Authored by craig.topper on Nov 14 2016, 11:03 PM.

Details

Summary

These intrinsics have been unused for clang for a while. This patch removes them. We auto upgrade them to extractelements, a scalar operation and then an insertelement. This matches the sequence used by clangs intrinsic file.

Diff Detail

Repository
rL LLVM

Event Timeline

craig.topper retitled this revision from to [X86] Remove the scalar intrinsics for fadd/fsub/fdiv/fmul.
craig.topper updated this object.
craig.topper added reviewers: zvi, RKSimon, delena.
craig.topper added a subscriber: llvm-commits.
delena added inline comments.Nov 14 2016, 11:09 PM
lib/Target/X86/X86InstrSSE.td
3088 ↗(On Diff #77948)

why do you need to call basic_sse12_fp_binop_s_int for ADD if you don't have any intrinsic?

Cause I'm dumb. That's way simpler to just remove it. Guess I was thinking there was more inheritance there than there is.

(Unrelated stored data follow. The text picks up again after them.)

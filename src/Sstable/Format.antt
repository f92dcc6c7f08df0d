-- ===== src/Sstable/Format.antt =====
-- include/VrootKV/io/sstable_format.h: block handles and the footer of an SSTable file.
pub mod RoundTrip
use vroot_kv.Base.{ℕ, ◌+◌, List, ◌++◌, length, take, drop, ltb, Result, ok, ◌>>=◌, ◌>>◌, throw_if}
use vroot_kv.Codec.Fixed.{to_le, from_le}

pub record BlockHandle : Type 0 where
  pub offset : ℕ
  pub size : ℕ

pub record SstableFooter : Type 0 where
  pub filter_handle : BlockHandle
  pub index_handle : BlockHandle
  pub magic : ℕ

-- The default of `magic`.
abbrev pub table_magic : ℕ
table_magic = 0xF00DBAADF00DBAAD

-- The messages of the `std::runtime_error`s.
pub data FormatError : Type 0 where
  truncated_handle truncated_footer missing_magic : FormatError

-- `BlockHandle::EncodeTo` and `BlockHandle::DecodeFrom`; the second also gives what is left of the view.
unfoldable pub encode_handle : BlockHandle → List ℕ → List ℕ
encode_handle h dst = dst ++ (to_le 8 h.offset ++ to_le 8 h.size)

unfoldable pub decode_handle : List ℕ → Result FormatError (BlockHandle × List ℕ)
decode_handle input = do
  throw_if (ltb (length input) 16) truncated_handle
  offset ← from_le 8 input
  size ← from_le 8 (drop 8 input)
  ok (record { offset = offset; size = size }, drop 16 input)

-- `SSTableFooter::EncodeTo` and `SSTableFooter::DecodeFrom`.
unfoldable pub encode_footer : SstableFooter → List ℕ → List ℕ
unfolding encode_handle
encode_footer f dst =
    let with_filter = encode_handle f.filter_handle dst in
    let with_index = encode_handle f.index_handle with_filter in with_index ++ to_le 8 f.magic

unfoldable pub decode_footer : List ℕ → Result FormatError (SstableFooter × List ℕ)
decode_footer input = do
  throw_if (ltb (length input) 40) truncated_footer
  (filter_handle, after_filter) ← decode_handle (take 40 input)
  (index_handle, after_index) ← decode_handle after_filter
  throw_if (ltb (length after_index) 8) missing_magic
  magic ← from_le 8 after_index
  ok (
    record { filter_handle = filter_handle; index_handle = index_handle; magic = magic },
    drop 40 input,
  )
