-- ===== src/Sstable/DataBlock/Layout/Parts.antt =====
-- The parts of one entry, as the reader gets them.
use vroot_kv.Base.{ℕ, zero, suc, ◌+◌, ◌-◌, ◌^◌, ◌≤◌, ◌<◌, ◌≡◌, refl, sym, ap, ◌∙◌, arith, min}
use vroot_kv.Base.{List, [], ◌∷◌, ◌++◌, append_assoc, length, take, drop}
use vroot_kv.Base.{
  length-append, length-drop, take-append, drop-append, drop-append_right, take-append-drop,
}
use vroot_kv.Base.{ok}
use vroot_kv.Codec.Bytes.{u32}
use vroot_kv.Codec.Fixed.{to_le, decode_fixed32, length-to_le, from_le-to_le}
use vroot_kv.Key.{Key}
use vroot_kv.Sstable.DataBlock.Builder.{shared_prefix, shared_loop}
use vroot_kv.Sstable.DataBlock.Reader.{BlockError, read_header}
use vroot_kv.Sstable.DataBlock.Layout.{entry_bytes, IsEntry}

pub length-entry_bytes :
    (s : ℕ) (k : Key) (v : List ℕ) → length (entry_bytes s k v) ≡ 12 + (length k - s) + length v
unfolding entry_bytes
length-entry_bytes s k v = omega (
  arith,
  length-append (to_le 4 s) (to_le 4 (length k - s) ++ (to_le 4 (length v) ++ (drop s k ++ v))),
  length-append (to_le 4 (length k - s)) (to_le 4 (length v) ++ (drop s k ++ v)),
  length-append (to_le 4 (length v)) (drop s k ++ v),
  length-append (drop s k) v,
  length-drop s k,
  length-to_le 4 s,
  length-to_le 4 (length k - s),
  length-to_le 4 (length v),
)

-- The shared prefix is a prefix of both keys.
shared_loop_lem :
    (n : ℕ) (a b : Key)
    → (shared_loop n a b ≤ n)
      × (shared_loop n a b ≤ length a)
      × (shared_loop n a b ≤ length b)
      × (take (shared_loop n a b) a ≡ take (shared_loop n a b) b)
unfolding shared_loop
shared_loop_lem zero a b = (omega arith, omega arith, omega arith, refl)
shared_loop_lem (suc n) [] b = (omega arith, omega arith, omega arith, refl)
shared_loop_lem (suc n) (x ∷ a) [] = (omega arith, omega arith, omega arith, refl)
shared_loop_lem (suc n) (x ∷ a) (y ∷ b) = ground (arith, shared_loop_lem n a b)

pub shared_prefix-le : (a b : Key) → (shared_prefix a b ≤ length a) × (shared_prefix a b ≤ length b)
unfolding shared_prefix
shared_prefix-le a b = let h = shared_loop_lem (u32 (min (length a) (length b))) a b in (h.1, h.2)

-- The reader puts a key together from the one before it and the part that is stored.
pub shared_prefix_rebuild :
    (a b : Key) → take (shared_prefix a b) a ++ drop (shared_prefix a b) b ≡ b
unfolding shared_prefix
shared_prefix_rebuild a b =
    let h = shared_loop_lem (u32 (min (length a) (length b))) a b in rw h.3 (take-append-drop _ b)

pub shared_prefix-empty : (b : Key) → shared_prefix [] b ≡ 0
shared_prefix-empty b = omega (arith, shared_prefix-le [] b)

-- What the reader gets at the offset of an entry.
module _ (front rest : List ℕ) (s : ℕ) (k : Key) (v : List ℕ) (s_fits : s < 2 ^ 32)
    (e : IsEntry (k, v)) where
  abbrev whole : List ℕ
  whole = front ++ (entry_bytes s k v ++ rest)

  -- The entry from its second, third, fourth and fifth part on.
  abbrev tail2 : List ℕ
  tail2 = to_le 4 (length k - s) ++ (to_le 4 (length v) ++ (drop s k ++ (v ++ rest)))

  abbrev tail3 : List ℕ
  tail3 = to_le 4 (length v) ++ (drop s k ++ (v ++ rest))

  parts : entry_bytes s k v ++ rest ≡ to_le 4 s ++ tail2
  unfolding entry_bytes
  parts = simp append_assoc

  behind :
      (n : ℕ) (skipped left : List ℕ)
      → to_le 4 s ++ tail2 ≡ skipped ++ left
      → length skipped ≡ n
      → drop (length front + n) whole ≡ left
  behind n skipped left split size =
      drop-append_right n front (entry_bytes s k v ++ rest)
      ∙ ap (drop n) (parts ∙ split)
      ∙ drop-append n skipped left size

  at_entry : drop (length front) whole ≡ to_le 4 s ++ tail2
  at_entry = ap (λ n. drop n whole) (omega arith) ∙ behind 0 [] (to_le 4 s ++ tail2) refl refl

  at_nonshared : drop (length front + 4) whole ≡ tail2
  at_nonshared = behind 4 (to_le 4 s) tail2 refl (length-to_le 4 s)

  at_vlen : drop (length front + 8) whole ≡ tail3
  at_vlen =
      behind 8 (to_le 4 s ++ to_le 4 (length k - s)) tail3
        (sym (append_assoc (to_le 4 s) (to_le 4 (length k - s)) tail3))
        (omega (
          arith,
          length-append (to_le 4 s) (to_le 4 (length k - s)),
          length-to_le 4 s,
          length-to_le 4 (length k - s),
        ))

  abbrev head : List ℕ
  head = to_le 4 s ++ (to_le 4 (length k - s) ++ to_le 4 (length v))

  length-head : length head ≡ 12
  length-head = omega (
    arith,
    length-append (to_le 4 s) (to_le 4 (length k - s) ++ to_le 4 (length v)),
    length-append (to_le 4 (length k - s)) (to_le 4 (length v)),
    length-to_le 4 s,
    length-to_le 4 (length k - s),
    length-to_le 4 (length v),
  )

  at_key : drop (length front + 12) whole ≡ drop s k ++ (v ++ rest)
  at_key = behind 12 head (drop s k ++ (v ++ rest)) (simp append_assoc) length-head

  -- The header of an entry,
  pub read_entry_header :
      read_header whole (length front)
      ≡ ok (record { shared = s; nonshared = length k - s; vlen = length v })
  unfolding read_header decode_fixed32
  read_entry_header =
      rw
        (
          at_entry,
          at_nonshared,
          at_vlen,
          from_le-to_le {E = BlockError} 4 s tail2 (omega (arith, s_fits)),
          from_le-to_le {E = BlockError} 4 (length k - s) tail3 (omega arith),
          from_le-to_le {E = BlockError} 4 (length v) (drop s k ++ (v ++ rest)) (omega arith),
        )
        refl

  -- its part of the key,
  pub read_entry_key : take (length k - s) (drop (length front + 12) whole) ≡ drop s k
  read_entry_key =
      ap (take (length k - s)) at_key
      ∙ take-append (length k - s) (drop s k) (v ++ rest) (length-drop s k)

  -- and its value.
  pub read_entry_value : take (length v) (drop (length front + 12 + (length k - s)) whole) ≡ v
  read_entry_value =
      ap (take (length v)) (
        ap (λ n. drop n whole) (omega arith)
        ∙ behind (12 + (length k - s)) (head ++ drop s k) (v ++ rest) (simp append_assoc)
            (omega (arith, length-append head (drop s k), length-head, length-drop s k)))
      ∙ take-append (length v) v rest refl
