-- ===== src/Sstable/DataBlock/Layout/Runs.antt =====
-- The runs of a block: where they begin, end and what they hold.
use vroot_kv.Base.{ℕ, zero, suc, ◌+◌, ◌≤◌, ◌<◌, ◌≡◌, refl, sym, ap, ◌∙◌, arith}
use vroot_kv.Base.{
  List, [], ◌∷◌, ◌++◌, append_assoc, length, take, drop, get_elem?, get_or, split_at,
}
use vroot_kv.Base.{length-append}
use vroot_kv.Base.{none, some}
use vroot_kv.Key.{Key}
use vroot_kv.Sstable.DataBlock.Builder.{shared_prefix}
use vroot_kv.Sstable.DataBlock.Layout.{
  Run, entry_bytes, encode_run, encode_runs, run_offsets, flatten,
}
use vroot_kv.Sstable.DataBlock.Layout.Parts.{length-entry_bytes, shared_prefix-empty}

-- A run begins with its first entry, which shares nothing.
pub encode_run_starts :
    (k : Key) (v : List ℕ) (es : Run) (rest : List ℕ)
    → encode_run [] ((k, v) ∷ es) ++ rest ≡ entry_bytes 0 k v ++ (encode_run k es ++ rest)
unfolding encode_run
encode_run_starts k v es rest =
    append_assoc (entry_bytes (shared_prefix [] k) k v) (encode_run k es) rest
    ∙ ap (λ s. entry_bytes s k v ++ (encode_run k es ++ rest)) (shared_prefix-empty k)

-- Runs cut at one of them.
pub encode_runs-append :
    (rs qs : List Run) → encode_runs (rs ++ qs) ≡ encode_runs rs ++ encode_runs qs
unfolding encode_runs
encode_runs-append [] qs = refl
encode_runs-append (r ∷ rs) qs =
    ap (λ bs. encode_run [] r ++ bs) (encode_runs-append rs qs)
    ∙ sym (append_assoc (encode_run [] r) (encode_runs rs) (encode_runs qs))

pub encode_runs_at :
    (rs : List Run) (i : ℕ)
    → i < length rs
    → encode_runs rs
      ≡ encode_runs (take i rs) ++ (encode_run [] (get_or rs i []) ++ encode_runs (drop (suc i) rs))
encode_runs_at rs i h =
    ap encode_runs (split_at rs i [] h)
    ∙ encode_runs-append (take i rs) (get_or rs i [] ∷ drop (suc i) rs)
    ∙ ap (λ bs. encode_runs (take i rs) ++ bs) (unfold encode_runs in refl)

pub get_elem?-run_offsets :
    (base : ℕ) (rs : List Run) (i : ℕ)
    → i < length rs
    → get_elem? (run_offsets base rs) i ≡ some (base + length (encode_runs (take i rs)))
unfolding run_offsets encode_runs
get_elem?-run_offsets base [] i h = absurd (omega arith)
get_elem?-run_offsets base (r ∷ rs) zero h = ap some (omega arith)
get_elem?-run_offsets base (r ∷ rs) (suc i) h =
    get_elem?-run_offsets (base + length (encode_run [] r)) rs i (omega arith)
    ∙ ap some (omega (arith, length-append (encode_run [] r) (encode_runs (take i rs))))

pub get_elem?-run_offsets_end :
    (base : ℕ) (rs : List Run) (i : ℕ) → length rs ≤ i → get_elem? (run_offsets base rs) i ≡ none
unfolding run_offsets
get_elem?-run_offsets_end base [] i h = refl
get_elem?-run_offsets_end base (r ∷ rs) zero h = absurd (omega arith)
get_elem?-run_offsets_end base (r ∷ rs) (suc i) h =
    get_elem?-run_offsets_end (base + length (encode_run [] r)) rs i (omega arith)

pub length-run_offsets : (base : ℕ) (rs : List Run) → length (run_offsets base rs) ≡ length rs
unfolding run_offsets
length-run_offsets base [] = refl
length-run_offsets base (r ∷ rs) = ap suc (length-run_offsets (base + length (encode_run [] r)) rs)

pub flatten_at :
    (rs : List Run) (i : ℕ)
    → i < length rs
    → flatten rs ≡ flatten (take i rs) ++ (get_or rs i [] ++ flatten (drop (suc i) rs))
flatten_at [] i h = absurd (omega arith)
flatten_at (r ∷ rs) zero h = refl
flatten_at (r ∷ rs) (suc i) h =
    ap (λ es. r ++ es) (flatten_at rs i (omega arith))
    ∙ sym (append_assoc r (flatten (take i rs)) _)

-- The sizes of runs: a run ends where the next begins, and has no more entries than bytes.
pub length-encode_runs-take-suc :
    (rs : List Run) (i : ℕ)
    → i < length rs
    → length (encode_runs (take (suc i) rs))
      ≡ length (encode_runs (take i rs)) + length (encode_run [] (get_or rs i []))
unfolding encode_runs
length-encode_runs-take-suc [] i h = absurd (omega arith)
length-encode_runs-take-suc (r ∷ rs) zero h = omega (arith, length-append (encode_run [] r) [])
length-encode_runs-take-suc (r ∷ rs) (suc i) h = omega (
  arith,
  length-append (encode_run [] r) (encode_runs (take (suc i) rs)),
  length-append (encode_run [] r) (encode_runs (take i rs)),
  length-encode_runs-take-suc rs i (omega arith),
)

pub length-le-encode_run : (prev : Key) (es : Run) → length es ≤ length (encode_run prev es)
unfolding encode_run
length-le-encode_run prev [] = omega arith
length-le-encode_run prev ((k, v) ∷ es) = omega (
  arith,
  length-append (entry_bytes (shared_prefix prev k) k v) (encode_run k es),
  length-entry_bytes (shared_prefix prev k) k v,
  length-le-encode_run k es,
)
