-- ===== src/Sstable/DataBlock/Scan.antt =====
-- The scan of a run finds what the run gives to the key.
use vroot_kv.Base.{ℕ, zero, suc, ◌+◌, ◌-◌, ◌^◌, ◌≤◌, ◌<◌, ◌≡◌, refl, sym, ap, ◌∙◌, arith}
use vroot_kv.Base.{List, [], ◌∷◌, ◌++◌, append_assoc, length, take, drop, All, ◌==◌, if◌then◌else◌}
use vroot_kv.Base.{
  length-append, Bool, true, false, not, ◌||◌, ltb, leb, le→ltb, Bool-cases, inl, inr, ==_iff,
}
use vroot_kv.Base.{none, some, ok}
use vroot_kv.Codec.Bytes.{u32, u64}
use vroot_kv.Key.{Key, key_lt, key_eq, key_lt_trans, key_eq_of_lt, key_eq_comm}
use vroot_kv.Sstable.DataBlock.Builder.{shared_prefix}
use vroot_kv.Sstable.DataBlock.Reader.{
  DataBlockReader, Header, need, read_header, bytes_at, at_boundary, rebuild, scan_run,
}
use vroot_kv.Sstable.DataBlock.Layout.{
  Run, entry_bytes, encode_run, Ascending, IsSorted, lookup, IsEntry,
}
use vroot_kv.Sstable.DataBlock.Layout.Parts.{
  length-entry_bytes, shared_prefix-le, shared_prefix_rebuild,
}
use vroot_kv.Sstable.DataBlock.Layout.Parts.{read_entry_header, read_entry_key, read_entry_value}

abbrev pub reader : List ℕ → List ℕ → DataBlockReader
reader entries restarts = record { entries = entries; restarts = restarts }

-- Bytes that are there are read.
pub bytes_at_inside :
    (entries : List ℕ) (p n : ℕ)
    → p + n ≤ length entries
    → bytes_at entries p n ≡ ok (take n (drop p entries))
unfolding bytes_at
bytes_at_inside entries p n inside = rw (le→ltb (length entries) (p + n) inside) refl

-- A key below the first of sorted entries has no value there.
pub lookup_below :
    (key k : Key) (es : Run) → key_lt key k ≡ true → Ascending k es → lookup key es ≡ none
unfolding lookup
lookup_below key k [] h s = refl
lookup_below key k ((k', v) ∷ es) h (s, t) =
    rw (key_eq_comm k' key, key_eq_of_lt key k' before) (lookup_below key k' es before t)
  where
    before : key_lt key k' ≡ true
    before = key_lt_trans key k k' h s

lt→leb : (a b : ℕ) → b < a → leb a b ≡ false
lt→leb a b h = ground arith

Ascending-IsSorted : (k : Key) (es : Run) → Ascending k es → IsSorted es
Ascending-IsSorted k [] h = tt
Ascending-IsSorted k ((k', v) ∷ es) h = h.1

module _ (entries restarts : List ℕ) (key : Key) (lo : ℕ) where
  abbrev pub stops : ℕ → Bool
  stops off = not (ltb off (length entries)) || at_boundary (reader entries restarts) key lo off

  -- One round on an entry that lies within the run.
  one_round :
      (rounds off : ℕ) (prev cur : Key) (h : Header)
      → stops off ≡ false
      → length entries < 2 ^ 32
      → off + need h ≤ length entries
      → read_header entries off ≡ ok h
      → rebuild (reader entries restarts) key prev h off ≡ ok (some cur)
      → scan_run (reader entries restarts) key (suc rounds) lo off prev ≡ (
          if key_eq cur key
          then ok (some (take h.vlen (drop (off + 12 + h.nonshared) entries)))
          else if key_lt key cur
          then ok none
          else scan_run (reader entries restarts) key rounds lo (off + need h) cur)
  unfolding scan_run
  one_round rounds off prev cur h go small inside read key_built =
      rw
        (
          go,
          fits32,
          read,
          fits64,
          key_built,
          next,
          bytes_at_inside entries (off + 12 + h.nonshared) h.vlen (omega (arith, inside)),
        )
        refl
    where
      fits32 : ltb (length entries) (u32 (off + 12)) ≡ false
      fits32 = le→ltb _ _ (omega arith)

      fits64 : ltb (length entries) (u64 (off + need h)) ≡ false
      fits64 = le→ltb _ _ (omega arith)

      next : u32 (off + need h) ≡ off + need h
      next = omega arith

  -- The round on the entry `(k, v)` behind the key `prev`.
  module _ (front rest : List ℕ) (prev k : Key) (v : List ℕ)
      (at : entries ≡ front ++ (entry_bytes (shared_prefix prev k) k v ++ rest))
      (e : IsEntry (k, v)) (small : length entries < 2 ^ 32) where
    abbrev s : ℕ
    s = shared_prefix prev k

    abbrev entry_header : Header
    entry_header = record { shared = s; nonshared = length k - s; vlen = length v }

    s_fits : s < 2 ^ 32
    s_fits = omega (arith, shared_prefix-le prev k)

    header_read : read_header entries (length front) ≡ ok entry_header
    header_read =
        ap (λ bs. read_header bs (length front)) at ∙ read_entry_header front rest s k v s_fits e

    delta_read : take (length k - s) (drop (length front + 12) entries) ≡ drop s k
    delta_read =
        ap (λ bs. take (length k - s) (drop (length front + 12) bs)) at
        ∙ read_entry_key front rest s k v s_fits e

    value_read : take (length v) (drop (length front + 12 + (length k - s)) entries) ≡ v
    value_read =
        ap (λ bs. take (length v) (drop (length front + 12 + (length k - s)) bs)) at
        ∙ read_entry_value front rest s k v s_fits e

    size : length entries ≡ length front + need entry_header + length rest
    size =
        ap (length {A = ℕ}) at
        ∙ omega (
          arith,
          length-append front (entry_bytes s k v ++ rest),
          length-append (entry_bytes s k v) rest,
          length-entry_bytes s k v,
        )

    delta_inside :
        bytes_at entries (length front + 12) (length k - s)
        ≡ ok (take (length k - s) (drop (length front + 12) entries))
    delta_inside = bytes_at_inside entries (length front + 12) (length k - s) (omega (arith, size))

    built : rebuild (reader entries restarts) key prev entry_header (length front) ≡ ok (some k)
    built =
        rw (delta_inside, delta_read)
          (elim (Bool-cases (s == 0)) [
            | inl zero_shared ↦
                rw zero_shared (ap (λ n. ok (some (drop n k))) ((==_iff s 0).0 zero_shared))
            | inr some_shared ↦
                rw (some_shared, le→ltb (length prev) s (shared_prefix-le prev k).0)
                  (ap (λ c. ok (some c)) (shared_prefix_rebuild prev k))
          ])

    entry_round :
        (rounds : ℕ)
        → stops (length front) ≡ false
        → scan_run (reader entries restarts) key (suc rounds) lo (length front) prev ≡ (
            if key_eq k key
            then ok (some v)
            else if key_lt key k
            then ok none
            else scan_run
                (reader entries restarts)
                key
                rounds
                lo
                (length front + need entry_header)
                k)
    entry_round rounds go =
        one_round rounds (length front) prev k entry_header go small (omega (arith, size))
          header_read built
        ∙ rw value_read refl

  -- The scan from the offset behind `front`, over the entries `es` of the run, which ends at `bound`.
  pub scan_run-lookup :
      (rounds bound : ℕ) (front post : List ℕ) (prev : Key) (es : Run)
      → entries ≡ front ++ (encode_run prev es ++ post)
      → bound ≡ length front + length (encode_run prev es)
      → ((off : ℕ) → stops off ≡ leb bound off)
      → length entries < 2 ^ 32
      → length es ≤ rounds
      → All IsEntry es
      → IsSorted es
      → scan_run (reader entries restarts) key rounds lo (length front) prev ≡ ok (lookup key es)
  unfolding encode_run lookup
  scan_run-lookup zero bound front post prev [] at eb stop small enough fits sorted =
      unfold scan_run in rw stopped refl
    where
      stopped : stops (length front) ≡ true
      stopped = stop (length front) ∙ ap (λ n. leb n (length front)) eb ∙ ground arith
  scan_run-lookup (suc rounds) bound front post prev [] at eb stop small enough fits sorted =
      unfold scan_run in rw stopped refl
    where
      stopped : stops (length front) ≡ true
      stopped = stop (length front) ∙ ap (λ n. leb n (length front)) eb ∙ ground arith
  scan_run-lookup zero bound front post prev ((k, v) ∷ es) at eb stop small enough fits sorted =
      absurd (omega arith)
  scan_run-lookup (suc rounds) bound front post prev ((k, v) ∷ es) at eb stop small enough fits
        sorted =
      entry_round front rest prev k v at' fits.0 small rounds inside
      ∙ outcome (
          ap (λ n. scan_run (reader entries restarts) key rounds lo n k) (sym next)
          ∙ scan_run-lookup rounds bound (front ++ entry_bytes (shared_prefix prev k) k v) post k es
              at_next bound_next stop small (omega arith) fits.1 (Ascending-IsSorted k es sorted))
    where
      s : ℕ
      s = shared_prefix prev k

      rest : List ℕ
      rest = encode_run k es ++ post

      at' : entries ≡ front ++ (entry_bytes s k v ++ rest)
      at' = at ∙ ap (λ bs. front ++ bs) (append_assoc (entry_bytes s k v) (encode_run k es) post)

      run_size :
          length (encode_run prev ((k, v) ∷ es))
          ≡ 12 + (length k - s) + length v + length (encode_run k es)
      run_size =
          omega
            (arith, length-append (entry_bytes s k v) (encode_run k es), length-entry_bytes s k v)

      inside : stops (length front) ≡ false
      inside = stop (length front) ∙ lt→leb _ _ (omega (arith, eb, run_size))

      next : length (front ++ entry_bytes s k v) ≡ length front + (12 + (length k - s) + length v)
      next = omega (arith, length-append front (entry_bytes s k v), length-entry_bytes s k v)

      at_next : entries ≡ (front ++ entry_bytes s k v) ++ (encode_run k es ++ post)
      at_next = at' ∙ sym (append_assoc front (entry_bytes s k v) rest)

      bound_next : bound ≡ length (front ++ entry_bytes s k v) + length (encode_run k es)
      bound_next = omega (arith, eb, run_size, next)

      outcome :
          scan_run
              (reader entries restarts)
              key
              rounds
              lo
              (length front + (12 + (length k - s) + length v))
              k
            ≡ ok (lookup key es)
          → (if key_eq k key
              then ok (some v)
              else if key_lt key k
              then ok none
              else scan_run
                  (reader entries restarts)
                  key
                  rounds
                  lo
                  (length front + (12 + (length k - s) + length v))
                  k)
            ≡ ok (if key_eq k key then some v else lookup key es)
      outcome others = elim (Bool-cases (key_eq k key)) [
        | inl found ↦ rw found refl
        | inr differ ↦ elim (Bool-cases (key_lt key k)) [
          | inl past ↦ rw (differ, past, lookup_below key k es past sorted) refl
          | inr before ↦ rw (differ, before) others
        ]
      ]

Wait. Nevermind. We need the instrinsic instructions to still exist because they are referenced by scalar_math_f32_patterns and scalar_math_f64_patterns. The _Int instrucctions are still used for the actual lowering of the patterns used by the upgrade and by the clang intrinsics

zvi added inline comments.Nov 14 2016, 11:44 PM
test/CodeGen/X86/vec_ss_load_fold.ll
41 ↗(On Diff #77948)

This redundant blend should be documented in Bugzilla. It would be best to fix this before committing this patch.

craig.topper added inline comments.Nov 15 2016, 12:03 AM
test/CodeGen/X86/vec_ss_load_fold.ll
41 ↗(On Diff #77948)

That blend exists because there is a vzmovl created from the inserts of 0s that pushed up to here and was then blocked by the min/max nodes. I can't pattern match it out.

We need some sort of demanded elements filtering that figures out vcvttss2si doesn't want the upper bits and that the min/max pass the bits straight through and thus don't want the bits either. And push that all the way back to remove the original insert elements. Or something like that.

I'll file a bug, but I don' think it should block a patch that was just trying to remove an intrinsic that clang doesn't use. I could write this same test case in clang without this instrinsic and see the same extra blend.

zvi added inline comments.Nov 15 2016, 12:13 AM
test/CodeGen/X86/vec_ss_load_fold.ll
41 ↗(On Diff #77948)

Thanks

delena accepted this revision.Nov 15 2016, 1:14 AM
delena edited edge metadata.
This revision is now accepted and ready to land.Nov 15 2016, 1:14 AM
RKSimon edited edge metadata.Nov 15 2016, 4:28 AM

combineTargetShuffle has some old canonicalization code for v2f64 BLENDs, supposedly for scalar folding. This could be a good place to start.

This revision was automatically updated to reflect the committed changes.